Мы лежали на мягком матраце слежавшихся листьев шагах в пяти друг от друга. Наверное, если бы наши руки протянулись навстречу, то кончикам пальцев довелось бы коснуться. Но шевелиться было лень. И не только! Казалось, любое неосторожное движение прогонит молчаливое очарование невысказанного волшебства. Овраг словно не расширялся, а сужался, поэтому казалось, что деревья вверху тянутся друг к другу. Что их ветви тоже могут сомкнуться, образовав арку. Но им просто лень. Как и нам.
Голова Лёньки качнулась. Бледное лицо повернулось ко мне. Лёнька улыбался. Он был счастлив, что сумел сделать такой необыкновенный подарок.
Я тоже развернулся к нему. И тоже улыбался. В благодарность за подарок, который мне мог сделать лишь он один.
И ещё я думал, что случилось бы, обнаружь Лёнька сегодня в лесу не меня, а другого парня. Скажем, Гоху. Или даже Кильку? Показал бы он им это место? Подарил бы это летящее скольжение?
Почему-то казалось, что нет. Почему-то казалось, что в этом лагере дружить больше не с кем. Только мне с Лёнькой. Только ему со мной.
Он относился ко мне искренне и дружелюбно. Как родственнику. Даже как к брату. Если бы у меня был такой брат, как Лёнька... Тут я вздрогнул. Ага, размечтался. Быть может, у Лёньки братьев этих вагон и маленькая тележка. А тут я ещё напрашиваюсь.
-- Ты один у родаков? -- несмело уточнил я. -- Или кто ещё имеется?

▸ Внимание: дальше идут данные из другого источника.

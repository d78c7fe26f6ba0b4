-- ===== src/L3Book/Removal.antt =====
-- The pool and the level after an order was removed from the book of src/book/l3_book.cpp: its node is out of
-- its queue.
use itchcpp.Prelude.{
  ℕ, suc, ◌+◌, ◌<◌, ◌≤◌, ◌%◌, ◌^◌, ◌≡◌, refl, sym, ◌∙◌, ap, subst, List, [], ◌∷◌, ◌++◌, true, false,
  inl, inr, Bool-cases, ◌==◌, if◌then◌else◌, length, length-append, arith,
}
use itchcpp.L3Book.{Side, OrderNode, Level, L3Book, nil, blank_node, node_at, side_levels}
use itchcpp.L3Book.Interface.{Index, npos}
use itchcpp.L3Book.Vectors.{get_or-set}
use itchcpp.L3Book.Segments.{has, has_ne, has-append, Cells, Seg, Split, Seg-Split, Seg-frame}
use itchcpp.L3Book.Ladder.{lookup-price}
use itchcpp.L3Book.Updates.{lookup-le-orders_on}
use itchcpp.L3Book.Places.{kept, Settled, settled-Settled}
use itchcpp.L3Book.Queues.{SameOrder, Relinked}
use itchcpp.L3Book.Unlinking.{unlinked, unlinked-Relinked}
use itchcpp.L3Book.WellFormed.{cells, here, sum_shares, Fits, WellFormed}
use itchcpp.L3Book.Levels.{put_queue, here-eq, queues-apart, side_levels-le-total, sum_shares-frame}
use itchcpp.L3Book.Placement.{sum_shares-append}
use itchcpp.L3Book.Dropping.{shrunk, shrunk_ladder, dropped, Target, searched}

-- A node is once in its queue.
pub Seg-once :
    (f : Cells) (xs zs : List ℕ) (i first head tail last : ℕ)
    → Seg f first (xs ++ i ∷ zs) head tail last
    → has i (xs ++ zs) ≡ false
Seg-once f xs zs i first head tail last s =
    let sp : Split f first xs (i ∷ zs) head tail last =
      Seg-Split f first xs (i ∷ zs) head tail last s in
    let out : has i zs ≡ false = sp.back.1 in ground (arith, has-append i xs zs, sp.apart i)

pub has-without :
    (x i : ℕ) (xs zs : List ℕ) → (i == x) ≡ false → has x (xs ++ i ∷ zs) ≡ has x (xs ++ zs)
has-without x i xs zs ne = ground (arith, has-append x xs (i ∷ zs), has-append x xs zs)

pub sum_shares-without :
    (f : Cells) (xs zs : List ℕ) (i : ℕ)
    → sum_shares f (xs ++ i ∷ zs) ≡ sum_shares f (xs ++ zs) + (f i).shares
unfolding sum_shares
sum_shares-without f xs zs i =
    omega (arith, sum_shares-append f xs (i ∷ zs), sum_shares-append f xs zs)

pub length-without : (xs zs : List ℕ) (i : ℕ) → length (xs ++ i ∷ zs) ≡ suc (length (xs ++ zs))
length-without xs zs i = omega (arith, length-append xs (i ∷ zs), length-append xs zs)

module _ {T : Type 0} ⦃idx : Index T⦄ (b : L3Book T) (w : WellFormed b) (i ref : ℕ)
    (t : Target b w i ref) where
  -- The side, the price and the queue of the order, and the queue without it
  abbrev pub side : Side
  side = (cells b i).side

  abbrev pub price : ℕ
  price = (cells b i).price

  abbrev pub queue : List ℕ
  queue = w.queues side price

  abbrev pub rest : List ℕ
  rest = t.around.front ++ t.around.back

  abbrev pub pool' : List OrderNode
  pool' = (unlinked b.pool i t.level).0

  abbrev pub nodes : Cells
  nodes = cells (dropped b i ref t.level)

  pub in_queue : has i queue ≡ true
  in_queue = rw (t.around.whole) (ground (arith, has-append i t.around.front (i ∷ t.around.back)))

  pub bound : i < length b.pool
  bound = (w.resting side price i in_queue).bound

  pub relinked :
      Relinked i
        (t.around.front ++ i ∷ t.around.back)
        rest
        b.pool
        pool'
        t.level
        (unlinked b.pool i t.level).1
  relinked =
      unlinked-Relinked b.pool i t.level t.around.front t.around.back w.room
        (λ j m. (w.resting side price j (rw (t.around.whole) m)).bound)
        (subst (λ (l : List ℕ). Seg (cells b) nil l t.level.head t.level.tail nil) t.around.whole
          t.describes.links)

  pub pool'-size : length pool' ≡ length b.pool
  pool'-size = relinked.size_same

  pub node_new :
      (j : ℕ)
      → nodes j ≡ (if i == j then record blank_node { next = b.free_head } else node_at pool' j)
  node_new j =
      get_or-set pool' i j (record blank_node { next = b.free_head }) blank_node
        (rw pool'-size bound)

  pub order_kept : (j : ℕ) → (i == j) ≡ false → SameOrder (cells b j) (nodes j)
  order_kept j ne = rw (node_new j, ne) (relinked.orders_same j)

  pub node_kept : (j : ℕ) → has j (i ∷ queue) ≡ false → nodes j ≡ cells b j
  node_kept j out =
      let out' : has j (i ∷ t.around.front ++ i ∷ t.around.back) ≡ false =
        subst (λ (l : List ℕ). has j (i ∷ l) ≡ false) t.around.whole out in
      ground (arith, node_new j, relinked.others_same j out')

  pub out_of_rest : has i rest ≡ false
  out_of_rest =
      Seg-once (cells b) t.around.front t.around.back i nil t.level.head t.level.tail nil (
        subst (λ (l : List ℕ). Seg (cells b) nil l t.level.head t.level.tail nil) t.around.whole
          t.describes.links)

  pub in_rest : (x : ℕ) → (i == x) ≡ false → has x queue ≡ has x rest
  in_rest x ne = ap (has x) t.around.whole ∙ has-without x i t.around.front t.around.back ne

  pub queue_count : length queue ≡ suc (length rest)
  queue_count = ap length t.around.whole ∙ length-without t.around.front t.around.back i

  pub queue-bound : length queue ≤ length b.pool
  queue-bound = omega (
    arith,
    t.describes.count,
    lookup-le-orders_on price (side_levels b side) t.level t.is_level,
    side_levels-le-total b side,
    w.balance,
  )

  unfoldable pub new_level : Level
  new_level = shrunk (unlinked b.pool i t.level).1 (cells b i).shares

  pub new_count : new_level.order_count ≡ length rest
  unfolding new_level
  new_count =
      omega (arith, relinked.count_same, t.describes.count, queue_count, queue-bound, w.room)

  pub new_total : new_level.total_shares ≡ sum_shares nodes rest % 2 ^ 64
  unfolding new_level
  new_total =
      let sums : sum_shares (cells b) queue ≡ sum_shares (cells b) rest + (cells b i).shares =
        ap (sum_shares (cells b)) t.around.whole
        ∙ sum_shares-without (cells b) t.around.front t.around.back i in
      let same : sum_shares nodes rest ≡ sum_shares (cells b) rest =
        sum_shares-frame (cells b) nodes rest
          (λ x m. (order_kept x (has_ne i x rest out_of_rest m)).shares_same) in
      omega (arith, relinked.total_same, t.describes.total, sums, same)

  pub new_links : Seg nodes nil rest new_level.head new_level.tail nil
  unfolding new_level
  new_links =
      Seg-frame (node_at pool') nodes nil rest (unlinked b.pool i t.level).1.head
        (unlinked b.pool i t.level).1.tail nil
        (λ x m. rw (node_new x, has_ne i x rest out_of_rest m)) relinked.links

  pub new-Fits : Fits nodes (kept new_level) rest
  new-Fits = elim (Bool-cases (new_level.order_count == 0)) [
    | inl gone ↦ rw gone (empty_of_zero rest (ground (arith, new_count)))
    | inr stays ↦ rw stays (record {
      some_orders = ground (arith, new_count);
      links = new_links;
      total = new_total;
      count = new_count;
    })
  ]
    where
      empty_of_zero : (xs : List ℕ) → length xs ≡ 0 → xs ≡ []
      empty_of_zero [] e = refl
      empty_of_zero (x ∷ xs) e = absurd (omega arith)

  pub Settled-ladder :
      Settled side price
        (side_levels b side)
        (w.sorted side)
        t.level
        new_level
        (shrunk_ladder b i t.level)
  unfolding new_level
  Settled-ladder =
      settled-Settled side price (side_levels b side) (w.sorted side) t.level new_level
        (relinked.price_same ∙ lookup-price price (side_levels b side) t.level t.is_level)
        (searched b w i ref t)

  pub find_dropped :
      (r : ℕ)
      → idx.find (dropped b i ref t.level).index r ≡ (if ref == r then npos else idx.find b.index r)
  find_dropped r = idx.find-erase b.index ref r

  -- The node that the index gave for `ref` is given for nothing else.
  pub other_ref : (x r : ℕ) → idx.find b.index r ≡ x → (i == x) ≡ false → (ref == r) ≡ false
  other_ref x r e ne = elim (Bool-cases (ref == r)) [
    | inl same ↦
        let k : ref ≡ r = ground arith in
        let j : idx.find b.index ref ≡ x = rw k e in absurd (ground (arith, t.known))
    | inr other ↦ other
  ]

  pub rest_queues :
      (c : Side) (q x : ℕ)
      → (i == x) ≡ false
      → has x (put_queue w.queues side price rest c q) ≡ has x (w.queues c q)
  rest_queues c q x ne = elim (Bool-cases (here side price c q)) [
    | inl this ↦
        let (e, k) = here-eq side price c q this in
        rw this (
          sym (in_rest x ne)
          ∙ ap (λ (d : Side). has x (w.queues d price)) e
          ∙ ap (λ (r : ℕ). has x (w.queues c r)) k)
    | inr other ↦ rw other
  ]

  pub elsewhere : (c : Side) (q : ℕ) → here side price c q ≡ false → has i (w.queues c q) ≡ false
  elsewhere c q other = elim (Bool-cases (has i (w.queues c q))) [
    | inl there ↦ absurd (ground (arith, queues-apart b w side price c q i other there, in_queue))
    | inr out ↦ out
  ]

  pub not_in_rest : (c : Side) (q : ℕ) → has i (put_queue w.queues side price rest c q) ≡ false
  not_in_rest c q = elim (Bool-cases (here side price c q)) [
    | inl this ↦ rw this out_of_rest
    | inr other ↦ rw other (elsewhere c q other)
  ]
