-- ===== src/L3Book/DropKeeps.antt =====
-- The removal of an order from the book of src/book/l3_book.cpp keeps the invariant: its node goes from its
-- queue to the free list.
use itchcpp.Prelude.{
  ℕ, ◌+◌, ◌≡◌, refl, sym, ◌∙◌, ap, subst, ◌∷◌, true, false, inl, inr, Bool-cases, ◌==◌,
  if◌then◌else◌, length, arith,
}
use itchcpp.L3Book.{Side, L3Book, blank_node, side_levels, put_levels, drop_node}
use itchcpp.L3Book.Interface.{Index, npos}
use itchcpp.L3Book.Vectors.{length-set}
use itchcpp.L3Book.Segments.{has, has_ne}
use itchcpp.L3Book.Ladder.{lookup, Sorted}
use itchcpp.L3Book.Updates.{orders_on}
use itchcpp.L3Book.Places.{kept}
use itchcpp.L3Book.Queues.{SameOrder}
use itchcpp.L3Book.Unlinking.{unlinked}
use itchcpp.L3Book.WellFormed.{cells, here, FreeList, Resting, Unused, Found, WellFormed}
use itchcpp.L3Book.Allocation.{FreeList-frame, Unused-not_queued}
use itchcpp.L3Book.Levels.{put_queue, total_orders-put, lookup-put, Sorted-put, Fits-put}
use itchcpp.L3Book.Dropping.{shrunk_ladder, dropped, Target, drop_node-dropped}
use itchcpp.L3Book.Removal.{
  queue, rest, nodes, in_queue, bound, pool'-size, node_new, order_kept, node_kept, new_level,
  new_count, new-Fits, Settled-ladder, find_dropped, other_ref, rest_queues, elsewhere, not_in_rest,
  queue_count,
}

module _ {T : Type 0} ⦃idx : Index T⦄ (b : L3Book T) (w : WellFormed b) (i ref : ℕ)
    (t : Target b w i ref) where
  pub dropped-size : length (dropped b i ref t.level).pool ≡ length b.pool
  dropped-size =
      length-set (unlinked b.pool i t.level).0 i (record blank_node { next = b.free_head })
      ∙ pool'-size b w i ref t

  drop-Resting :
      (c : Side) (q x : ℕ)
      → has x (put_queue w.queues (cells b i).side (cells b i).price (rest b w i ref t) c q) ≡ true
      → Resting
          (nodes b w i ref t)
          (length (dropped b i ref t.level).pool)
          (idx.find (dropped b i ref t.level).index)
          c
          q
          x
  drop-Resting c q x m = elim (Bool-cases (i == x)) [
    | inl same ↦
        let e : i ≡ x = ground arith in absurd (cc (not_in_rest b w i ref t c q, rw (sym e) at m))
    | inr other ↦
        let r : Resting (cells b) (length b.pool) (idx.find b.index) c q x =
          w.resting c q x (sym (rest_queues b w i ref t c q x other) ∙ m) in
        let o : SameOrder (cells b x) (nodes b w i ref t x) = order_kept b w i ref t x other in
        record {
          bound = omega (arith, r.bound, dropped-size);
          on_side = o.side_same ∙ r.on_side;
          at_price = o.price_same ∙ r.at_price;
          known =
              rw
                (
                  o.ref_same,
                  find_dropped b w i ref t (cells b x).reference_number,
                  other_ref b w i ref t x (cells b x).reference_number r.known other,
                )
                r.known;
        }
  ]

  -- No other reference number leads to the node.
  only_ref : (r : ℕ) → idx.find b.index r ≡ i → ref ≡ r
  only_ref r e =
      let valid : (idx.find b.index r == npos) ≡ false = rw e t.valid in
      sym t.named ∙ ap (λ (x : ℕ). (cells b x).reference_number) (sym e) ∙ (w.found r valid).named

  not_to_freed : (r : ℕ) → (idx.find (dropped b i ref t.level).index r == i) ≡ false
  not_to_freed r = elim (Bool-cases (ref == r)) [
    | inl same ↦ rw (find_dropped b w i ref t r, same) (ground (arith, t.valid))
    | inr other ↦ elim (Bool-cases (idx.find b.index r == i)) [
      | inl there ↦ absurd (ground (arith, only_ref r))
      | inr off ↦ rw (find_dropped b w i ref t r, other) off
    ]
  ]

  drop-Unused :
      (x : ℕ)
      → has x (i ∷ w.free) ≡ true
      → Unused
          (nodes b w i ref t)
          (length (dropped b i ref t.level).pool)
          (idx.find (dropped b i ref t.level).index)
          x
  drop-Unused x m = elim (Bool-cases (i == x)) [
    | inl same ↦
        let e : i ≡ x = ground arith in
        rw (sym e) (record {
          bound = omega (arith, bound b w i ref t, dropped-size);
          unknown = not_to_freed (nodes b w i ref t i).reference_number;
        })
    | inr other ↦
        let u : Unused (cells b) (length b.pool) (idx.find b.index) x = w.unused x (ground arith) in
        let o : SameOrder (cells b x) (nodes b w i ref t x) = order_kept b w i ref t x other in
        record {
          bound = omega (arith, u.bound, dropped-size);
          unknown =
              rw (o.ref_same, find_dropped b w i ref t (cells b x).reference_number)
                (ground (arith, u.unknown, u.bound, w.room));
        }
  ]

  free_not_queued : (x : ℕ) → has x w.free ≡ true → has x (i ∷ queue b w i ref t) ≡ false
  free_not_queued x m =
      let out : has x (queue b w i ref t) ≡ false =
        Unused-not_queued b w x (w.unused x m) (cells b i).side (cells b i).price in
      ground (arith, has_ne x i (queue b w i ref t) out (in_queue b w i ref t))

  drop-FreeList : FreeList (nodes b w i ref t) (i ∷ w.free) i
  drop-FreeList = (
    refl,
    not_free,
    rw head (
        FreeList-frame (cells b) (nodes b w i ref t) w.free b.free_head
          (λ x m. node_kept b w i ref t x (free_not_queued x m)) w.free_list),
  )
    where
      not_free : has i w.free ≡ false
      not_free = elim (Bool-cases (has i w.free)) [
        | inl m ↦ absurd (ground (arith, free_not_queued i m))
        | inr out ↦ out
      ]

      head : (nodes b w i ref t i).next ≡ b.free_head
      head = ground (arith, node_new b w i ref t i)

  drop-Found :
      (r : ℕ)
      → (idx.find (dropped b i ref t.level).index r == npos) ≡ false
      → Found
          (nodes b w i ref t)
          (put_queue w.queues (cells b i).side (cells b i).price (rest b w i ref t))
          r
          (idx.find (dropped b i ref t.level).index r)
  drop-Found r known = elim (Bool-cases (ref == r)) [
    | inl same ↦ absurd (ground (arith, find_dropped b w i ref t r))
    | inr other ↦
        let x : ℕ = idx.find b.index r in
        let there : idx.find (dropped b i ref t.level).index r ≡ x =
          ground (arith, find_dropped b w i ref t r) in
        let f : Found (cells b) w.queues r x = w.found r (rw there at known) in
        let ne : (i == x) ≡ false = ground (arith, not_to_freed r) in
        let o : SameOrder (cells b x) (nodes b w i ref t x) = order_kept b w i ref t x ne in
        rw there (record {
          queued =
              rw (o.side_same, o.price_same)
                (rest_queues b w i ref t (cells b x).side (cells b x).price x ne ∙ f.queued);
          named = o.ref_same ∙ f.named;
        })
  ]

  side_levels-dropped :
      (c : Side)
      → side_levels (dropped b i ref t.level) c
        ≡ side_levels (put_levels b (cells b i).side (shrunk_ladder b i t.level)) c
  unfolding side_levels
  side_levels-dropped c = refl

  lookup-dropped :
      (c : Side) (q : ℕ)
      → lookup q (side_levels (dropped b i ref t.level) c) ≡ (
          if here (cells b i).side (cells b i).price c q
          then kept (new_level b w i ref t)
          else lookup q (side_levels b c))
  lookup-dropped c q =
      ap (lookup q) (side_levels-dropped c)
      ∙ lookup-put b (cells b i).side (cells b i).price (kept (new_level b w i ref t))
          (shrunk_ladder b i t.level) (Settled-ladder b w i ref t).looked_up c q

  Sorted-dropped : (c : Side) → Sorted c (side_levels (dropped b i ref t.level) c)
  Sorted-dropped c = subst (Sorted c) (sym (side_levels-dropped c)) (
      Sorted-put b (cells b i).side (shrunk_ladder b i t.level) w.sorted
        (Settled-ladder b w i ref t).stays_sorted c)

  drop_balance :
      orders_on (dropped b i ref t.level).bids
        + orders_on (dropped b i ref t.level).asks
        + length (i ∷ w.free)
      ≡ length (dropped b i ref t.level).pool
  drop_balance = omega (
    arith,
    total_orders-put b (cells b i).side (shrunk_ladder b i t.level),
    (Settled-ladder b w i ref t).counted,
    new_count b w i ref t,
    queue_count b w i ref t,
    t.describes.count,
    w.balance,
    dropped-size,
  )

  pub dropped-WellFormed : WellFormed (dropped b i ref t.level)
  dropped-WellFormed = record {
    queues = put_queue w.queues (cells b i).side (cells b i).price (rest b w i ref t);
    free = i ∷ w.free;
    fits =
        Fits-put b w (nodes b w i ref t) (λ c. side_levels (dropped b i ref t.level) c)
          (cells b i).side (cells b i).price i (kept (new_level b w i ref t)) (rest b w i ref t)
          lookup-dropped (new-Fits b w i ref t) (node_kept b w i ref t) (elsewhere b w i ref t);
    resting = drop-Resting;
    unused = drop-Unused;
    free_list = drop-FreeList;
    found = drop-Found;
    sorted = Sorted-dropped;
    balance = drop_balance;
    room = rw dropped-size w.room;
  }

  pub dropped-queues :
      (c : Side) (q : ℕ)
      → dropped-WellFormed.queues c q
        ≡ put_queue w.queues (cells b i).side (cells b i).price (rest b w i ref t) c q
  unfolding dropped-WellFormed
  dropped-queues c q = refl

  pub drop_node-WellFormed : WellFormed (drop_node b i ref)
  drop_node-WellFormed = subst WellFormed (sym (drop_node-dropped b w i ref t)) dropped-WellFormed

-- Нас трое, детей-то, -- сказал Лёнька. -- Старший я. И близняшек двое. Совсем маленькие. Пока трое нас у родителей.
И вздохнул тяжело.
Я даже подумал, что дальнейшие расспросы излишни. Но не утерпел:
-- Почему пока?
-- Сложное положение, -- голос Лёньки как-то помрачнел, а сам он стал каким-то серым и неприветливым. -- Отец сначала на нефтянку работал, получал замечательно. Красиво мы жили. Папка гордился положением своим. Говорил всем: "Мои мозги дорого стоят". А после у них штат порезали. Кого в фирму перевели с окладом махоньким. А он под сокращение попал. Не переживал сначала. Знаний-то во! Он же не дурак какой. Потыкался по округе, а нигде столько, как в нефтянке, не платят. Везде деньги по его меркам смешные. Больше я от него слов про дорогие мозги не слышал. "Бэху" продали, какой-то период нормально перекантовались. А теперь опять туго. Всем невесело. А он вообще озлобился в последнее время. То стонет, знал бы, что так выйдет, никогда бы трёх детей заводить не стал, зачем нищебродов плодить, их и так много на свете. То ноет, что ж денег-то в семье совсем нет, горбатишься круглые сутки, а тут порой еды не на что купить, если так и дальше пойдёт, малышей в детдом сдать придётся.
Лёнька прервался и помолчал.
Я выражал самое живейшее внимание.
-- Этого я и боюсь, -- после глубокой паузы продолжил он донельзя серьёзным тоном. -- Что близняшек в интернат отправят. Был бы я чуток постарше, работу уже искал бы. А так, -- он расстроено махнул рукой, -- не берут нигде. Или подработать дадут, а после вместо обещанной тыщи сотнягу сунут, и на выход.
Он помолчал ещё немного. Может, ждал каких-то моих слов. Но я растерялся. Я совершенно не знал, что говорят в таких случаях. Я бы немедленно отдал Лёньке все деньги, что лежали сейчас в карманах. Да только что исправят несколько хрустящих бумаженций?
-- Хоть из дома беги, -- сказал Лёнька. -- Если бы я вдруг делся куда-то, быть может, и лучше было бы. Тогда близняшки дома бы остались.
-- Так не говори, -- испугался я. -- А то и впрямь исчезнешь.